[Task material — start]

-- ===== src/Core/Types.antt =====
-- crates/atomic-core/src/types.rs. A `Price` is an `i64` of pipettes and a `Qty` a `u64` of base
-- units; the newtypes are their numbers. The conversions from and to `f64` are left out.
pub mod Ids
use atomic_mesh.Base.{
  ◌&&◌, string_eq, ℕ, ◌≡◌, ◌↔◌, Bool, true, false, String, List, Option, none, some, arith, Eq,
  ◌==◌, nat_eq, ℤ, pos, get_elem?, str_append,
}
use atomic_mesh.Base.Word.{add_i64, sub_i64, mul_i64, div_i64, u64_as_i64}
use atomic_mesh.Base.Decimal.{show_u64}

pub data Venue : Type 0 where
  binance bybit okx deribit coinbase kraken dydx hyperliquid simulated : Venue

unfoldable pub display_venue : Venue → String
display_venue binance = "binance"
display_venue bybit = "bybit"
display_venue okx = "okx"
display_venue deribit = "deribit"
display_venue coinbase = "coinbase"
display_venue kraken = "kraken"
display_venue dydx = "dydx"
display_venue hyperliquid = "hyperliquid"
display_venue simulated = "simulated"

pub data Side : Type 0 where
  buy sell : Side

unfoldable pub opposite : Side → Side
opposite buy = sell
opposite sell = buy

abbrev pub side_beq : Side → Side → Bool
side_beq buy buy = true
side_beq sell sell = true
side_beq _ _ = false

pub side_beq_decides : (a b : Side) → (side_beq a b ≡ true) ↔ (a ≡ b)
side_beq_decides a b = ground arith

instance abbrev pub side_eq : Eq Side
side_eq = record { beq = side_beq; beq_decides = side_beq_decides }

pub data OrderType : Type 0 where
  market limit stop_market stop_limit : OrderType

-- `order_type == OrderType::Market` and `== OrderType::Limit`.
abbrev pub is_market : OrderType → Bool
is_market market = true
is_market _ = false

abbrev pub is_limit : OrderType → Bool
is_limit limit = true
is_limit _ = false

pub data TimeInForce : Type 0 where
  good_til_cancel immediate_or_cancel fill_or_kill : TimeInForce
  good_til_date : ℕ → TimeInForce

-- `time_in_force == TimeInForce::FillOrKill`.
abbrev pub is_fill_or_kill : TimeInForce → Bool
is_fill_or_kill fill_or_kill = true
is_fill_or_kill _ = false

abbrev pub Price : Type 0
Price = ℤ

-- The sum wraps around; the quotient rounds towards zero.
unfoldable pub midpoint : Price → Price → Price
midpoint a b = div_i64 (add_i64 a b) (pos 2)

abbrev pub Qty : Type 0
Qty = ℕ

pub record Symbol : Type 0 where
  pub base : String
  pub quote : String
  pub venue : Venue

-- The number of a venue, to compare two.
abbrev pub venue_index : Venue → ℕ
venue_index binance = 0
venue_index bybit = 1
venue_index okx = 2
venue_index deribit = 3
venue_index coinbase = 4
venue_index kraken = 5
venue_index dydx = 6
venue_index hyperliquid = 7
venue_index simulated = 8

abbrev pub venue_beq : Venue → Venue → Bool
venue_beq a b = venue_index a == venue_index b

pub venue_beq_decides : (a b : Venue) → (venue_beq a b ≡ true) ↔ (a ≡ b)
venue_beq_decides a b = ground arith

instance abbrev pub venue_eq : Eq Venue
venue_eq = record { beq = venue_beq; beq_decides = venue_beq_decides }

abbrev pub symbol_beq : Symbol → Symbol → Bool
symbol_beq a b = (a.base == b.base) && ((a.quote == b.quote) && (a.venue == b.venue))

pub symbol_beq_decides : (a b : Symbol) → (symbol_beq a b ≡ true) ↔ (a ≡ b)
symbol_beq_decides a b = ground (
  arith,
  string_eq.beq_decides a.base b.base,
  string_eq.beq_decides a.quote b.quote,
  venue_beq_decides a.venue b.venue,
)

instance abbrev pub symbol_eq : Eq Symbol
symbol_eq = record { beq = symbol_beq; beq_decides = symbol_beq_decides }

unfoldable pub pair : Symbol → String
pair s = str_append s.base (str_append "/" s.quote)

abbrev pub OrderId : Type 0
OrderId = String

unfoldable pub new_order_id : Venue → ℕ → OrderId
new_order_id venue local_id = str_append (display_venue venue) (str_append "-" (show_u64 local_id))

pub record Fill : Type 0 where
  pub order_id : OrderId
  pub symbol : Symbol
  pub side : Side
  pub price : Price
  pub qty : Qty
  pub fee : ℤ
  pub timestamp : ℕ
  pub venue : Venue
  pub is_maker : Bool

pub record Position : Type 0 where
  pub symbol : Symbol
  pub side : Side
  pub qty : Qty
  pub avg_entry : Price
  pub unrealized_pnl : ℤ
  pub realized_pnl : ℤ

unfoldable pub flat : Symbol → Position
flat symbol = record {
  symbol = symbol;
  side = buy;
  qty = 0;
  avg_entry = pos 0;
  unrealized_pnl = pos 0;
  realized_pnl = pos 0;
}

unfoldable pub is_flat : Position → Bool
is_flat p = p.qty == 0

unfoldable pub notional : Position → ℤ
notional p = mul_i64 (u64_as_i64 p.qty) p.avg_entry

pub record Level : Type 0 where
  pub price : Price
  pub qty : Qty

pub record BookSnapshot : Type 0 where
  pub symbol : Symbol
  pub bids : List Level
  pub asks : List Level
  pub timestamp : ℕ
  pub seq : ℕ

unfoldable pub snapshot_best_bid : BookSnapshot → Option Level
snapshot_best_bid b = get_elem? b.bids 0

unfoldable pub snapshot_best_ask : BookSnapshot → Option Level
snapshot_best_ask b = get_elem? b.asks 0

-- The `match` of `mid_price` and that of `spread`, which the order book has too.
unfoldable pub mid_of : Option Level → Option Level → Option Price
mid_of (some bid) (some ask) = some (midpoint bid.price ask.price)
mid_of _ _ = none

unfoldable pub spread_of : Option Level → Option Level → Option ℤ
spread_of (some bid) (some ask) = some (sub_i64 ask.price bid.price)
spread_of _ _ = none

unfoldable pub snapshot_mid_price : BookSnapshot → Option Price
unfolding snapshot_best_bid snapshot_best_ask mid_of
snapshot_mid_price b = mid_of (snapshot_best_bid b) (snapshot_best_ask b)

unfoldable pub snapshot_spread : BookSnapshot → Option ℤ
unfolding snapshot_best_bid snapshot_best_ask spread_of
snapshot_spread b = spread_of (snapshot_best_bid b) (snapshot_best_ask b)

[Task material — finish]

- _What is needed_
Take each line in the listing that has the word "pair" and copy it.

- _Exercise output_
unfoldable pub pair : Symbol → String
pair s = str_append s.base (str_append "/" s.quote)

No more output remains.